Unanswered questions

[28]     Had that been all the relevant evidence actually or potentially, I would see no basis to question further the Judge’s conclusion that Mr S   committed the offence. There are, however, two aspects of the evidence that were neither fully developed, nor answered, and cause me disquiet.

[29]     The first is that the basis for Mr S  ’s denial of the offence, as I have set it out, never assumed the prominence that it required. It was and is in essence this. At 8 pm, when Mr Reece complained that Mr S   committed the offence of which he was convicted  and  against  which  his  appeal  now  lies, Mr S   contends, Mr Reece was not moving blocks on his own property. He was wilfully damaging Mr S  ’s bamboo.

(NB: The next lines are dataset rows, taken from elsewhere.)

-- ===== src/Core/Lifecycle.antt =====
-- What the application sees of its sessions.
use audio_sync.Base.{
  ℕ, ◌<◌, ◌≡◌, refl, sym, ap, ◌∙◌, ◌/◌, Bool, true, false, ◌&&◌, Option, none, some, List, ◌==◌,
  if◌then◌else◌, ◌>>=◌, Bool-cases, inl, inr, arith,
}
use audio_sync.Base.Int.{pos, negsuc}
use audio_sync.Player.OpenSl.{SlResult, success}
use audio_sync.Player.Device.{SlCall}
use audio_sync.Player.Init.{Audio}
use audio_sync.Player.Init.Stopped.{stop_playback_lem, cleanup_audio_lem}
use audio_sync.Core.{
  Kind, sender, receiver, Session, Core, is_sender, stop, free, put_session, deref, ask, change,
  start, stop_services, deinit_audio, is_running, is_sending, current_presentation_time,
}

same : (i : ℕ) → (i == i) ≡ true
same i = ground arith

and_true : (b : Bool) → (b && true) ≡ b
and_true true = refl
and_true false = refl

and_false : (b : Bool) → (b && false) ≡ false
and_false true = refl
and_false false = refl

other : (i j : ℕ) → i < j → (i == j) ≡ false
other i j h = ground arith

stop-running : (s : Session) → (stop s).is_running ≡ false
stop-running s = elim (Bool-cases s.is_running) [ inl e ↦ simp e refl | inr e ↦ simp e refl ]

stop-freed : (s : Session) → (stop s).freed ≡ s.freed
stop-freed s = elim (Bool-cases s.is_running) [ inl e ↦ simp e refl | inr e ↦ simp e refl ]

alive_freed :
    (b : Bool) (x s : Session)
    → x.freed ≡ b
    → (if b then none else some x) ≡ some s
    → s.freed ≡ false
alive_freed true x s e h = absurd (cc h)
alive_freed false x s e h = let here : x ≡ s = cc h in ap (λ y. y.freed) (sym here) ∙ e

deref-freed : (c : Core) (i : ℕ) (s : Session) → deref c i ≡ some s → s.freed ≡ false
unfolding deref
deref-freed c i s alive = alive_freed (c.sessions i).freed (c.sessions i) s refl alive

-- A session is found where it was put.
deref-put_session :
    (c : Core) (i : ℕ) (x : Session)
    → deref (put_session c i x) i ≡ (if x.freed then none else some x)
unfolding deref
deref-put_session c i x =
    ap (λ b. let y = if b then x else c.sessions i in if y.freed then none else some y) (same i)

ask_lem {ℓ} :
    {B : Type ℓ} (c : Core) (p : Option ℕ) (i : ℕ) (s : Session) (default : B)
    (answer : Session → B)
    → p ≡ some i
    → deref c i ≡ some s
    → ask p c default answer ≡ some (answer s)
unfolding ask
ask_lem c p i s default answer at alive =
    ap (λ q. ask q c default answer) at ∙ ap (λ o. o >>= λ x. some (answer x)) alive

change_lem :
    (c : Core) (p : Option ℕ) (i : ℕ) (s : Session) (act : Session → Session)
    → p ≡ some i
    → deref c i ≡ some s
    → change p c act ≡ some (put_session c i (act s))
unfolding change
change_lem c p i s act at alive =
    ap (λ q. change q c act) at ∙ ap (λ o. o >>= λ x. some (put_session c i (act x))) alive

change_lost :
    (c : Core) (p : Option ℕ) (i : ℕ) (act : Session → Session)
    → p ≡ some i
    → deref c i ≡ none
    → change p c act ≡ none
unfolding change
change_lost c p i act at lost =
    ap (λ q. change q c act) at ∙ ap (λ o. o >>= λ x. some (put_session c i (act x))) lost

module _ {A : Type 0} (answer : List SlCall → SlCall → SlResult)
    (works : (calls : List SlCall) (c : SlCall) → answer calls c ≡ success) where
  -- If `audioSession` points to a session that was not deleted, and the calls of OpenSL ES succeed,
  -- `stopServices` succeeds, and then nothing runs or sends, there is no presentation time, and the
  -- player is destroyed.
  pub stop_services_lem :
      (c : Core) (audio : Audio A) (time_us : Session → ℕ) (i : ℕ) (s : Session)
      → c.audio_session ≡ some i
      → deref c i ≡ some s
      → (c' : Core) × (audio' : Audio A) × (stop_services answer c audio ≡ some (c', audio'))
        × (is_running c' ≡ some false)
        × (is_sending c' ≡ some false)
        × (current_presentation_time time_us c' ≡ some (negsuc 0))
        × (audio'.device.player_object ≡ false)
  unfolding stop_services is_running is_sending current_presentation_time
  stop_services_lem c audio time_us i s at alive =
      let c' = put_session c i (stop s) in
      let stopped : deref c' i ≡ some (stop s) =
        deref-put_session c i (stop s)
        ∙ ap (λ b. if b then none else some (stop s)) (stop-freed s ∙ deref-freed c i s alive) in
      let (audio', quiet, gone) = stop_playback_lem answer works audio in
      (
        c',
        audio',
        simp (change_lem c c.audio_session i s stop at alive, quiet) refl,
        ask_lem c' c.audio_session i (stop s) false (λ x. x.is_running) at stopped
            ∙ ap some (stop-running s),
        ask_lem c' c.audio_session i (stop s) false (λ x. is_sender x && x.is_running) at stopped
            ∙ ap some (
                ap (λ b. is_sender (stop s) && b) (stop-running s)
                ∙ and_false (is_sender (stop s))),
        ask_lem c' c.audio_session i (stop s) (negsuc 0)
              (λ x. if x.is_running then pos (time_us x / 1000) else negsuc 0) at stopped
            ∙ ap (λ b. some (if b then pos (time_us (stop s) / 1000) else negsuc 0))
                (stop-running s),
        gone,
      )

  -- If `audioSession` points to a session that was not deleted, and the calls of OpenSL ES succeed,
  -- `deinitAudio` deletes the session, destroys all objects of the player, and leaves the pointer: the
  -- next question, and the next `stopServices`, is an access to freed memory.
  pub deinit_audio_lem :
      (c : Core) (audio : Audio A) (i : ℕ) (s : Session)
      → c.audio_session ≡ some i
      → deref c i ≡ some s
      → (c' : Core) × (audio' : Audio A) × (deinit_audio answer c audio ≡ some (c', audio'))
        × (audio'.device.player_object ≡ false)
        × (audio'.device.output_mix_object ≡ false)
        × (audio'.device.engine_object ≡ false)
        × (is_running c' ≡ none)
        × (stop_services answer c' audio' ≡ none)
  unfolding deinit_audio is_running stop_services ask
  deinit_audio_lem c audio i s at alive =
      let c' = put_session c i (free (stop s)) in
      let lost : deref c' i ≡ none = deref-put_session c i (free (stop s)) in
      let (audio', cleaned, (no_player, no_mix, no_engine)) =
        cleanup_audio_lem answer works audio in
      (
        c',
        audio',
        simp (change_lem c c.audio_session i s (λ x. free (stop x)) at alive, cleaned) refl,
        no_player,
        no_mix,
        no_engine,
        ap (λ q. ask q c' false (λ x. x.is_running)) at
            ∙ ap (λ o. o >>= λ x. some x.is_running) lost,
        simp (change_lost c' c.audio_session i stop at lost) refl,
      )

-- After a start the new session runs, and it sends if it is a sender. The session that `audioSession`
-- pointed to before is left as it was, so it goes on if it was running, and nothing points to it any
-- more.
pub start_lem :
    (kind : Kind) (c : Core) (i : ℕ) (s : Session)
    → c.audio_session ≡ some i
    → deref c i ≡ some s
    → i < c.next
    → (is_running (start kind c) ≡ some true)
      × (is_sending (start kind c) ≡ some (elim kind [ sender ↦ true | receiver ↦ false ]))
      × (deref (start kind c) i ≡ some s)
      × ((start kind c).audio_session ≡ some c.next)
unfolding start is_running is_sending ask deref
start_lem kind c i s at alive before = (
  rw (same c.next) refl,
  rw (same c.next) (ap some (and_true (elim kind [ sender ↦ true | receiver ↦ false ]))),
  rw (other i c.next before) alive,
  refl,
)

[30]     Mr  S  ’s  counsel  questioned  Mr  Reece  closely  as  to  his  own account but only as he was concluding did he put, and briefly, the essence of Mr S  ’s defence. Mr Reece admitted to wilfully damaging the bamboo but appeared to say that this was later and as a ‘tit for tat’ response. Mr S  ’s counsel did not then press Mr Reece with Mr S  ’s account. Nor did he take it up with the officer in charge of the case. The effect was to leave unanswered on the evidence as a whole a question touching how comprehensive or accurate Mr Reece’s evidence was.

[31]     Secondly, while the Judge was right to say that Mark’s evidence confirmed Mr Reece’s evidence and, if accepted, was definitive, there was a whole element of Mark’s evidence, especially when contrasted with the statement he had made when interviewed, which at least puts in question how comprehensive or accurate his evidence was also.

[32]     In his evidence in chief, it will be recalled, he said that he had seen the object again, three days later, when working with Mr Reece on the roof; it was then leaning against Mr S  ’s garden shed. Then, when cross-examined on his statement when he and his father complained on 28 February, he agreed that he had first said instead that he had climbed the roof perhaps two hours after the incident, and he had seen the item against the shed and Mr S   carrying it away.

[33]     Beginning first with what he says he saw in the later evening on 27 February, these questions arise. Why at that hour of night did he go up on the roof? What was he able to see? If he saw what he said he saw, why did he not tell Mr Reece or the officer? How likely is it that three days later he would have seen the object against the shed, if two days before the constable had not found it? Why did he not tell Mr Reece? Why did Mr Reece not take it up with the police?

[34]     There is another aspect of Mark’s statement when interviewed, not before the Judge in evidence but which I have seen, in which he describes seeing Mr S   on the evening of the incident, seemingly at the time of the offence he and his father complain of, but from a point closer to the hedge. Yet that did not form part of his evidence. Nor was it put to him. Again that is complicating.

Conclusions

[35]     These unanswered questions, in retrospect and on the record, raise questions fairly or unfairly about Mr Reece’s and Mark’s credibility. Conversely, they tend to buttress Mr S  ’s evidence, and that of his wife, especially Mr Reece’s concession of his own offence. On the evidence as a whole there has to be a reasonable doubt. The conviction seems to me to be unsafe and the appeal will be allowed.

[36]     I do not see any purpose in remitting the case for rehearing. The incident happened on 27 February. The bond the Judge ordered was to deter, not punish, Mr S  . Should there be any further offending, that can be answered as and when  it  happens.  The  conviction  will  be  set  aside,  as  will  be  the  order  of  Mr

S   to enter into a bond and pay witnesses expenses.